Fed’s Minutes Leave Room for Rate Hikes
Federal Reserve officials agreed that a 14th straight increase in interest rates last month put borrowing costs near where they needed to be, but they would not rule out more hikes, given inflation risks.
“Although the stance of policy seemed close to where it needed to be given the current outlook, some further policy firming might be needed to keep inflation pressures contained and the risks to price stability and sustainable economic growth roughly in balance,” minutes from the Fed’s Jan. 31 policy-setting meeting, released Tuesday, said.
The minutes of the Federal Open Market Committee said some officials believed readings on core inflation and inflation expectations that were “somewhat” higher than desired reinforced the idea that further rate rises might be necessary.
“However, all members agreed that the future path for the funds rate would depend increasingly on economic developments and could no longer be prejudged with the previous degree of confidence,” the minutes said.
Meeting on Alan Greenspan’s final day as chairman of the central bank, Fed officials pushed the overnight federal funds rate up by a quarter of a percentage point to 4.5%, the latest in a string of increases dating to June 2004.
As they had at their previous meeting in mid-December, policymakers saw inflation risks stemming from the possibility that high energy costs might bleed through to other prices and from a diminishing amount of slack in the economy.
Financial markets are banking on another quarter-point rate increase at the Fed’s next meeting March 27 and 28 and see a good chance of one more by midyear.
“If the economy slows down, more hikes would not be necessary. But right now, there should be an assumption that the Fed would push rates toward 5%,” said Charles Lieberman, chief investment officer at Advisors Capital Management in Paramus, N.J.
The Jan. 31 minutes said some members believed the economy was running close to its noninflationary capacity, a view underscored by new Fed chief Ben S. Bernanke in congressional testimony last week.
A few days after the Fed met, the government said the U.S. unemployment rate fell to a 4 1/2 -year low of 4.7% in January, leading financial markets to increase bets on further rate rises.

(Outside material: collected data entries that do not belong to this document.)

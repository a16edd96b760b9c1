-- ===== src/Lgets/Command.antt =====
-- generic/tclXlgets.c: the command lgets. A variable holds a list.
use tclx.Base.{
  ℕ, zero, suc, ◌+◌, Bool, true, false, Option, none, some, List, [], ◌∷◌, ◌++◌, Text,
  if◌then◌else◌, take, length,
}
use tclx.Base.Int.{ℤ, pos, negsuc, ◌-ℤ◌}
use tclx.Util.{get_open_channel}
use tclx.Interp.{
  Interp, Reply, value, int, CmdError, wrong_args, channel_error, list_error, Outcome, ok, error,
  overflow, set_var,
}
use tclx.Lgets.{
  Gets, ReadData, ReadStatus, read_ok, read_break, read_error, read_list_init, element, list_end,
  failed, no_fuel, read_list_element,
}

-- The list as far as it was read, whole or up to an error.
pub data ListRead : Type 0 where
  all_read not_read : List Text → ReadData → ListRead
  out_of_fuel : ListRead

module _ (backslash : Text → ℕ × ℕ) (fuel : ℕ) where
  -- The loop over the elements, on `rounds`; `fuel` is for each element.
  unfoldable pub read_elements : ℕ → List Text → ReadData → ListRead
  unfolding read_list_element
  read_elements zero xs d = out_of_fuel
  read_elements (suc rounds) xs d = elim (read_list_element backslash fuel d) [
    | element t d' ↦ read_elements rounds (xs ++ t ∷ []) d'
    | list_end d' ↦ all_read xs d'
    | failed d' ↦ not_read xs d'
    | no_fuel ↦ out_of_fuel
  ]

  unfoldable pub read_initial : ℕ → ReadStatus × ReadData → ListRead
  unfolding read_elements
  read_initial rounds (read_ok, d) = read_elements rounds [] d
  read_initial rounds (read_break, d) = all_read [] d
  read_initial rounds (read_error, d) = not_read [] d

  unfoldable pub read_list : ℕ → List Gets → ListRead
  unfolding read_initial read_list_init
  read_list rounds gs = read_initial rounds (read_list_init gs)

-- Nothing was read before the end of the file.
abbrev at_eof : ReadData → Bool
at_eof d = elim (d.before ++ d.rest) [ [] ↦ true | c ∷ s ↦ false ]

abbrev Lists : Type 0
Lists = Interp (List Text)

abbrev Result : Type 0
Result = Outcome (List Text) (Reply (List Text)) × List Gets

-- errorExit: with a variable, as many bytes from the start of the buffer as are left unread become
-- the last element.
unfoldable pub saved_list : List Text → ReadData → List Text
saved_list xs d = elim d.rest [
  | [] ↦ xs
  | c ∷ s ↦ xs ++ take (length d.rest) (d.before ++ d.rest) ∷ []
]

unfoldable pub error_exit : CmdError → Option Text → List Text → ReadData → Lists → Result
unfolding saved_list set_var
error_exit e none xs d s = (error e s, d.input)
error_exit e (some name) xs d s = elim (set_var name (saved_list xs d) s) [
  | ok r s' ↦ (error e s', d.input)
  | error e' s' ↦ (error e' s', d.input)
  | overflow ↦ (overflow, d.input)
]

unfoldable pub lgets_reply : Option Text → ListRead → Lists → Option Result
unfolding error_exit set_var
lgets_reply var (not_read xs d) s = some (error_exit list_error var xs d s)
lgets_reply var out_of_fuel s = none
lgets_reply none (all_read xs d) s = some (ok (value xs) s, d.input)
lgets_reply (some name) (all_read xs d) s =
    let len : ℤ = if at_eof d then negsuc 0 else pos (length d.before + length d.rest) -ℤ pos 1 in
    elim (set_var name xs s) [
      | ok r s' ↦ some (ok (int len) s', d.input)
      | error e s' ↦ some (error_exit e (some name) xs d s)
      | overflow ↦ some (overflow, d.input)
    ]

-- The channel's mode, `true` for blocking; what the channels give; and the fuel.
module _ (get_channel : Text → Option (ℕ × Bool × Bool)) (blocking : ℕ → Option Bool)
    (backslash : Text → ℕ × ℕ) (rounds fuel : ℕ) where
  unfoldable pub lgets_channel : Text → Option Text → (ℕ → List Gets) → Lists → Option Result
  unfolding lgets_reply read_list
  lgets_channel file var input s = elim (get_open_channel get_channel file true false) [
    | none ↦ some (error channel_error s, [])
    | some chan ↦ elim (blocking chan) [
      | none ↦ some (error channel_error s, input chan)
      | some mode ↦ elim mode [
        | false ↦ some (error channel_error s, input chan)
        | true ↦ lgets_reply var (read_list backslash fuel rounds (input chan)) s
      ]
    ]
  ]

  -- `none` is out of fuel.
  unfoldable pub lgets_cmd : List Text → (ℕ → List Gets) → Lists → Option Result
  unfolding lgets_channel
  lgets_cmd (file ∷ []) input s = lgets_channel file none input s
  lgets_cmd (file ∷ var ∷ []) input s = lgets_channel file (some var) input s
  lgets_cmd args input s = some (error wrong_args s, [])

The Fed minutes showed that policymakers had been debating whether the jobless rate, which stood at 4.9% in December, signaled full employment, beyond which wage-related inflation pressures would ignite.

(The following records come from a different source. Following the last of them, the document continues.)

-- ===== src/Lgets/Within.antt =====
-- ReadListElement ends and takes something of what is left to read.
use tclx.Base.{
  ℕ, zero, suc, ◌+◌, ◌≤◌, ◌<◌, ◌≡◌, refl, ap, Bool, true, false, not, ◌&&◌, List, [], ◌∷◌, ◌++◌,
  Text, ◌==◌, if◌then◌else◌, drop, length, length-append, arith, Bool-cases, inl, inr,
}
use tclx.Libc.{is_space, skip_space}
use tclx.Lgets.{
  Gets, full_line, last_line, io_error, ReadData, read_list_line, Read, element, list_end, failed,
  no_fuel, Scan, Next, finish, close_element, kept_byte, passed_byte, scan_backslash, scan_close,
  scan_byte, continue_line, scan_end, element_loop, newline,
}

-- What is left to read: each line with its newline, and one for the read.
abbrev pub gets_size : List Gets → ℕ
gets_size [] = 0
gets_size (full_line t ∷ gs) = length t + 2 + gets_size gs
gets_size (last_line t ∷ gs) = length t + 1 + gets_size gs
gets_size (io_error ∷ gs) = 1 + gets_size gs

abbrev pub left : ReadData → ℕ
left d = length d.rest + gets_size d.input

-- Not out of fuel; an element leaves at most `n` to read.
abbrev pub Within : ℕ → Read → Type 0
Within n (element t d) = left d ≤ n
Within n (list_end d) = Unit {0}
Within n (failed d) = Unit {0}
Within n no_fuel = ⊥

Within-mono : (n m : ℕ) (r : Read) → n ≤ m → Within n r → Within m r
Within-mono n m (element t d) h k = omega arith
Within-mono n m (list_end d) h k = tt
Within-mono n m (failed d) h k = tt
Within-mono n m no_fuel h k = k

pub length-skip_space : (s : Text) → length (skip_space s) ≤ length s
unfolding skip_space
length-skip_space [] = omega arith
length-skip_space (c ∷ s) = ground (arith, length-skip_space s)

pub length-drop : (n : ℕ) (s : Text) → length (drop n s) ≤ length s
length-drop zero s = omega arith
length-drop (suc n) [] = omega arith
length-drop (suc n) (c ∷ s) = omega (arith, length-drop n s)

drop_shorter : (n c : ℕ) (r : Text) → 1 ≤ n → length (drop n (c ∷ r)) ≤ length r
drop_shorter zero c r h = absurd (omega arith)
drop_shorter (suc n) c r h = length-drop n r

finish-Within :
    (n : ℕ) (s : Scan) (d : ReadData)
    → length (skip_space s.rest) + gets_size d.input ≤ n
    → Within n (finish s d)
unfolding finish
finish-Within n s d h = h

close_element-Within :
    (n : ℕ) (s : Scan) (d : ReadData)
    → length s.rest + gets_size d.input ≤ n
    → Within n (close_element s d)
unfolding close_element
close_element-Within n s d h =
    let whole = finish-Within n s d (omega (arith, length-skip_space s.rest)) in
    elim s.rest
      as (λ t. Within n (elim t as (λ _. Read) [
        | [] ↦ finish s d
        | c ∷ r ↦ if is_space c then finish s d else failed d
      ])) [
        | [] ↦ whole
        | c ∷ r ↦ elim (Bool-cases (is_space c)) [ inl e ↦ rw e whole | inr e ↦ rw e tt ]
      ]

either : (n : ℕ) (b : Bool) (x y : Read) → Within n x → Within n y → Within n (if b then x else y)
either n true x y h k = h
either n false x y h k = k

module _ (backslash : Text → ℕ × ℕ) (counts : (t : Text) → 1 ≤ (backslash t).1) where
  -- The loop goes on with at most `k` bytes of the buffer and the same data.
  abbrev GoesOn : ℕ → ℕ → ReadData → Next → Type 0
  GoesOn k n d next = (s : Scan) → length s.rest ≤ k → Within n (next s d)

  module _ (s : Scan) (c : ℕ) (r : Text) (d : ReadData) (next : Next) (n : ℕ)
      (room : length r + gets_size d.input ≤ n) (on : GoesOn (length r) n d next) where
    scan_close-Within : (b : ℕ) → Within n (scan_close b s c r d next)
    unfolding scan_close
    scan_close-Within zero = on (kept_byte s c r) (omega arith)
    scan_close-Within (suc zero) = close_element-Within n (passed_byte s c r) d room
    scan_close-Within (suc (suc b)) =
        on (record (kept_byte s c r) { open_braces = suc b }) (omega arith)

    backslash_shorter : (t : Text) → t ≡ c ∷ r → length (drop (backslash t).1 t) ≤ length r
    backslash_shorter t at = rw at (drop_shorter (backslash (c ∷ r)).1 c r (counts (c ∷ r)))

    space_shorter : (t : Text) → is_space c ≡ true → t ≡ c ∷ r → length (skip_space t) ≤ length r
    unfolding skip_space
    space_shorter t e at = rw (at, skip_space, e) (length-skip_space r)

    backslash-Within : s.rest ≡ c ∷ r → Within n (next (scan_backslash backslash s) d)
    unfolding scan_backslash
    backslash-Within at = on (scan_backslash backslash s) (elim (Bool-cases (s.open_braces == 0)) [
      | inl e ↦ rw e (backslash_shorter s.rest at)
      | inr e ↦ rw e (backslash_shorter s.rest at)
    ])

    space-Within : is_space c ≡ true → s.rest ≡ c ∷ r → Within n (finish s d)
    space-Within e at = finish-Within n s d (omega (arith, space_shorter s.rest e at))

    -- The cases behind the backslash.
    rest-Within :
        s.rest ≡ c ∷ r
        → Within n (next (kept_byte s c r) d)
        → Within n (
            if is_space c
            then (if s.open_braces == 0 && not s.in_quotes
                then finish s d
                else next (kept_byte s c r) d)
            else if c == b'"'
            then (if s.in_quotes
                then close_element (passed_byte s c r) d
                else next (kept_byte s c r) d)
            else next (kept_byte s c r) d)
    rest-Within at keep = elim (Bool-cases (is_space c)) [
      | inl e ↦ rw e (
          either n (s.open_braces == 0 && not s.in_quotes) (finish s d) (next (kept_byte s c r) d)
            (space-Within e at) keep)
      | inr e ↦ rw e (
          either n (c == b'"')
            (if s.in_quotes then close_element (passed_byte s c r) d else next (kept_byte s c r) d)
            (next (kept_byte s c r) d)
            (either n s.in_quotes (close_element (passed_byte s c r) d) (next (kept_byte s c r) d)
              (close_element-Within n (passed_byte s c r) d room) keep)
            keep)
    ]

    scan_byte-Within : s.rest ≡ c ∷ r → Within n (scan_byte backslash s c r d next)
    unfolding scan_byte
    scan_byte-Within at =
        let keep = on (kept_byte s c r) (omega arith) in
        elim (Bool-cases (c == b'{')) [
          | inl e ↦ rw e (
              on
                (record (kept_byte s c r) {
                  open_braces = if s.open_braces == 0 then 0 else suc s.open_braces;
                })
                (omega arith))
          | inr e ↦ elim (Bool-cases (c == b'}')) [
            | inl e' ↦ rw (e, e') (scan_close-Within s.open_braces)
            | inr e' ↦ elim (Bool-cases (c == 92)) [
              | inl e'' ↦ rw (e, e', e'') (backslash-Within at)
              | inr e'' ↦ rw (e, e', e'') (rest-Within at keep)
            ]
          ]
        ]

  abbrev pub size : Scan → ReadData → ℕ
  size s d = length s.rest + gets_size d.input

  line-Within :
      (n : ℕ) (s : Scan) (d : ReadData) (next : Next) (gs : List Gets)
      → d.rest ≡ []
      → d.input ≡ gs
      → ((t : Text) (gs' : List Gets) (s' : Scan) (d' : ReadData)
          → gs ≡ full_line t ∷ gs'
          → length s'.rest ≤ length t + 1
          → d'.input ≡ gs'
          → Within n (next s' d'))
      → Within n (continue_line s (read_list_line d) next)
  unfolding continue_line read_list_line
  line-Within n s d next [] over reads all = ground (arith, reads)
  line-Within n s d next (full_line t ∷ gs) over reads all =
      let longer = d.rest ++ (t ++ newline ∷ []) in
      rw (read_list_line, reads)
        (all t gs (record s { before = d.before; rest = longer })
          (record d { input = gs; rest = longer }) refl
          (omega (
            arith,
            length-append {0} d.rest (t ++ newline ∷ []),
            length-append {0} t (newline ∷ []),
            ap length over,
          ))
          refl)
  line-Within n s d next (last_line t ∷ gs) over reads all = rw (read_list_line, reads) tt
  line-Within n s d next (io_error ∷ gs) over reads all = rw (read_list_line, reads) tt

  -- Another line is read with all of its bytes.
  scan_end-Within :
      (n : ℕ) (s : Scan) (d : ReadData) (next : Next) (gs : List Gets)
      → d.input ≡ gs
      → s.rest ≡ []
      → gets_size gs ≤ n
      → ((t : Text) (gs' : List Gets) (s' : Scan) (d' : ReadData)
          → gs ≡ full_line t ∷ gs'
          → length s'.rest ≤ length t + 1
          → d'.input ≡ gs'
          → Within n (next s' d'))
      → Within n (scan_end s d next)
  unfolding scan_end continue_line read_list_line
  scan_end-Within n s d next gs reads over enough all =
      either n (s.open_braces == 0 && not s.in_quotes) (finish s d)
        (continue_line s (read_list_line (record d { before = s.before; rest = [] })) next)
        (finish-Within n s d
          (omega (arith, length-skip_space s.rest, ap length over, ap gets_size reads)))
        (line-Within n s (record d { before = s.before; rest = [] }) next gs refl reads all)

  pub element_loop-Within :
      (fuel : ℕ) (s : Scan) (d : ReadData) (t : Text)
      → s.rest ≡ t
      → size s d < fuel
      → Within (length (drop 1 t) + gets_size d.input) (element_loop backslash fuel s d)
  unfolding element_loop
  element_loop-Within zero s d t at h = absurd (omega arith)
  element_loop-Within (suc fuel) s d [] at h =
      rw (element_loop, at)
        (scan_end-Within (0 + gets_size d.input) s d (element_loop backslash fuel) d.input refl at
          (omega arith)
          (λ t' gs' s' d' e short e'.
            let room = ap gets_size e in
            let left' = ap gets_size e' in
            let bound : size s' d' < fuel = omega arith in
            Within-mono (length (drop 1 s'.rest) + gets_size d'.input) (0 + gets_size d.input)
              (element_loop backslash fuel s' d') (omega (arith, length-drop 1 s'.rest))
              (element_loop-Within fuel s' d' s'.rest refl bound)))
  element_loop-Within (suc fuel) s d (c ∷ r) at h =
      rw (element_loop, at)
        (scan_byte-Within s c r d (element_loop backslash fuel) (length r + gets_size d.input)
          (omega arith)
          (λ s' short.
            Within-mono (length (drop 1 s'.rest) + gets_size d.input) (length r + gets_size d.input)
              (element_loop backslash fuel s' d) (omega (arith, length-drop 1 s'.rest))
              (element_loop-Within fuel s' d s'.rest refl (omega (arith, ap length at))))
          at)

“Some participants remarked on the uncertainties regarding the extent of remaining capacity in labor markets and the outlook for labor costs,” they said.
The minutes said officials would watch closely to see whether more people came into the labor market, easing tight conditions, and whether productivity advances were great enough to keep rising wages from spilling over into prices.
Officials saw high profit margins both as a possible sign of the ability of businesses to pass production costs along to consumers and as a potential anti-inflationary buffer that could absorb future cost increases.
Fed officials believed that the economy would bounce back smartly in the current quarter after a sluggish end to last year. But they expected the expansion to maintain a more sustainable pace over the next couple of years.
Though they saw core inflation, which strips out volatile food and energy prices, as rising in the near term, they expected it to remain contained over the long haul.